Loss of the Y chromosome from a subset of cells may explain why males die an average of five years younger than females in the United States. According to a new study in the journal Science, the gradual disappearance of this chromosome with age leads to scarring of the cardiac tissue and increases the chances of deadly heart failure.
“Particularly past age 60, men die more rapidly than women. It’s as if they biologically age more quickly,” said study author Kenneth Walsh in a statement. “The years of life lost due to the survival disadvantage of maleness is staggering. This new research provides clues as to why men have shorter lifespans than women.”

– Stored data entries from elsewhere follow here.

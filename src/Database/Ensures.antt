-- ===== src/Database/Ensures.antt =====
-- Postconditions: what holds of the value and of the tables whenever an action returns a value.
use proindustrial_backend.Common.{Bool, ap, subst, sym, true, ℕ, ◌≡◌}
use proindustrial_backend.Database.{
  Action, Db, Driver, Error, Result, World, ok, on_no_rows, pure, query, raise, require, statement,
  transaction, ◌>>=◌, ◌>>◌,
}
use proindustrial_backend.Database.Laws.{
  >>=-eq-ok, next, on_no_rows_ok, query_ok, require_ok, statement_ok, transaction_ok,
}

abbrev pub Ensures : {A : Type 0} → Action A → World → (A → Db → Type 0) → Type 0
Ensures {A} m w Q = (a : A) → (m w).0 ≡ ok a → Q a (m w).1.db

pub Ensures-require :
    (b : Bool) (e : Error) (w : World) → Ensures (require b e) w (λ _ db. (b ≡ true) × (db ≡ w.db))
Ensures-require b e w u h = let (holds, step) = require_ok b e w h in (holds, ap (λ v. v.db) step)

module _ {A : Type 0} where
  pub Ensures-pure : (a : A) (w : World) (Q : A → Db → Type 0) → Q a w.db → Ensures (pure a) w Q
  Ensures-pure a w Q h b e = let same : a ≡ b = cc in subst (λ x. Q x w.db) same h

  pub Ensures-raise : (e : Error) (w : World) (Q : A → Db → Type 0) → Ensures (raise e) w Q
  Ensures-raise e w Q b h = absurd (cc)

  pub Ensures-statement :
      (d : Driver) (run : ℕ → Db → Result (A × Db)) (w : World)
      → Ensures (statement d run) w (λ a db. run w.tick w.db ≡ ok (a, db))
  Ensures-statement d run w a h = statement_ok d run w h

  pub Ensures-query :
      (d : Driver) (f : Db → A) (w : World)
      → Ensures (query d f) w (λ a db. (a ≡ f w.db) × (db ≡ w.db))
  Ensures-query d f w a h = let (same, step) = query_ok d f w h in (same, ap (λ p. p.1.db) step)

  pub Ensures-on_no_rows :
      (e : Error) (m : Action A) (w : World) (Q : A → Db → Type 0)
      → Ensures m w Q
      → Ensures (on_no_rows e m) w Q
  Ensures-on_no_rows e m w Q h a k =
      let (ran, step) = on_no_rows_ok e m w k in subst (λ v. Q a v.db) (sym step) (h a ran)

  -- A transaction ensures what its body ensures after `BEGIN`.
  pub Ensures-transaction :
      (d : Driver) (body : Action A) (w : World) (Q : A → Db → Type 0)
      → Ensures body (next w) Q
      → Ensures (transaction d body) w Q
  Ensures-transaction d body w Q h a k =
      let (ran, same) = transaction_ok d body w k in subst (Q a) (sym same) (h a ran)

-- The second step may rest on what the first ensures.
pub Ensures-bind :
    {A B : Type 0} (m : Action A) (f : A → Action B) (w : World) (P : A → Db → Type 0)
    (Q : B → Db → Type 0)
    → Ensures m w P
    → ((a : A) (w' : World) → P a w'.db → Ensures (f a) w' Q)
    → Ensures (m >>= f) w Q
Ensures-bind m f w P Q first second b h =
    let (a, ran, rest, step) = >>=-eq-ok m f w h in
    subst (λ p. Q b p.1.db) (sym step) (second a (m w).1 (first a ran) b rest)

module _ {A B : Type 0} (f : A → Action B) (w : World) (Q : B → Db → Type 0) where
  pub Ensures-statement_bind :
      (d : Driver) (run : ℕ → Db → Result (A × Db))
      → ((a : A) (w' : World) → run w.tick w.db ≡ ok (a, w'.db) → Ensures (f a) w' Q)
      → Ensures (statement d run >>= f) w Q
  Ensures-statement_bind d run second =
      Ensures-bind (statement d run) f w (λ a db. run w.tick w.db ≡ ok (a, db)) Q
        (Ensures-statement d run w) second

  pub Ensures-query_bind :
      (d : Driver) (g : Db → A)
      → ((a : A) (w' : World) → a ≡ g w.db → w'.db ≡ w.db → Ensures (f a) w' Q)
      → Ensures (query d g >>= f) w Q
  Ensures-query_bind d g second =
      Ensures-bind (query d g) f w (λ a db. (a ≡ g w.db) × (db ≡ w.db)) Q (Ensures-query d g w)
        (λ a w' h. second a w' h.0 h.1)

pub Ensures-require_bind :
    {B : Type 0} (k : Action B) (w : World) (Q : B → Db → Type 0) (b : Bool) (e : Error)
    → ((w' : World) → b ≡ true → w'.db ≡ w.db → Ensures k w' Q)
    → Ensures (require b e >> k) w Q
Ensures-require_bind k w Q b e second =
    Ensures-bind (require b e) (λ _. k) w (λ _ db. (b ≡ true) × (db ≡ w.db)) Q
      (Ensures-require b e w) (λ _ w' h. second w' h.0 h.1)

All humans have 23 pairs of chromosomes, 22 of which are autosomes, meaning they look the same in both males and females. The other pair comprises the sex chromosomes, and consists of two X chromosomes for females and one X and one Y chromosome in the case of males.
However, as males age, they lose their Y chromosome in some of their cells. This appears to occur at a particularly high rate in cells that are frequently replaced, such as blood cells. Previous work has hinted at a connection between Y chromosome loss and age-related pathologies and death in males, although a mechanism underlying this proposed link had until now eluded scientists.
To investigate, the study authors used CRISPR gene-editing technology to remove the Y chromosome from the bone marrow cells of male mice. This resulted in the production of white blood cells with no Y chromosome, some of which traveled to the animals’ hearts and activated “a profibrotic signaling network.”
This, in turn, led to an increase in fibrosis – or tissue scaring – within the heart, ultimately reducing cardiac function and condemning the mice to an early death.
Commenting on the significance of this observation, the authors note that “tissue fibrosis is a hallmark of aging and is estimated to contribute to 45% of deaths in industrialized countries.” The fact their experiment triggered fibrosis in mice, therefore, suggests that many of these deaths may indeed be related to Y chromosome loss.
To determine how this applies to male humans, the researchers analyzed data from the UK Biobank and found that Y chromosome loss was associated with higher rates of heart disease and an increased risk of death.
Explaining how an entire chromosome can simply vanish, Walsh remarked that “the DNA of all our cells inevitably accumulate mutations as we age. This includes the loss of the entire Y chromosome within a subset of cells within men. Understanding that the body is a mosaic of acquired mutations provides clues about age-related diseases and the aging process itself.”
As troubling as this may sound, the researchers do come bearing some slightly better news too: when mice were treated with an antibody that blocks the activity of white blood cells, cardiac dysfunction was relieved. This raises the possibility that drugs designed to treat fibrosis may help males stay healthy as they age and limit the chances of developing deadly heart disease.
One such drug, pirfenidone, has already been approved by the US Food and Drug Administration (FDA) for the treatment of fibrosis in the lungs, although more research is needed in order to determine whether the medication can attenuate the impact of Y chromosome loss.
“In view of recent efforts to treat heart failure, idiopathic pulmonary fibrosis, and some cancers with antifibrotic approaches, men with [Y chromosome loss] could represent a patient subpopulation that exhibits a superior response to this class of therapeutic agents,” conclude the authors.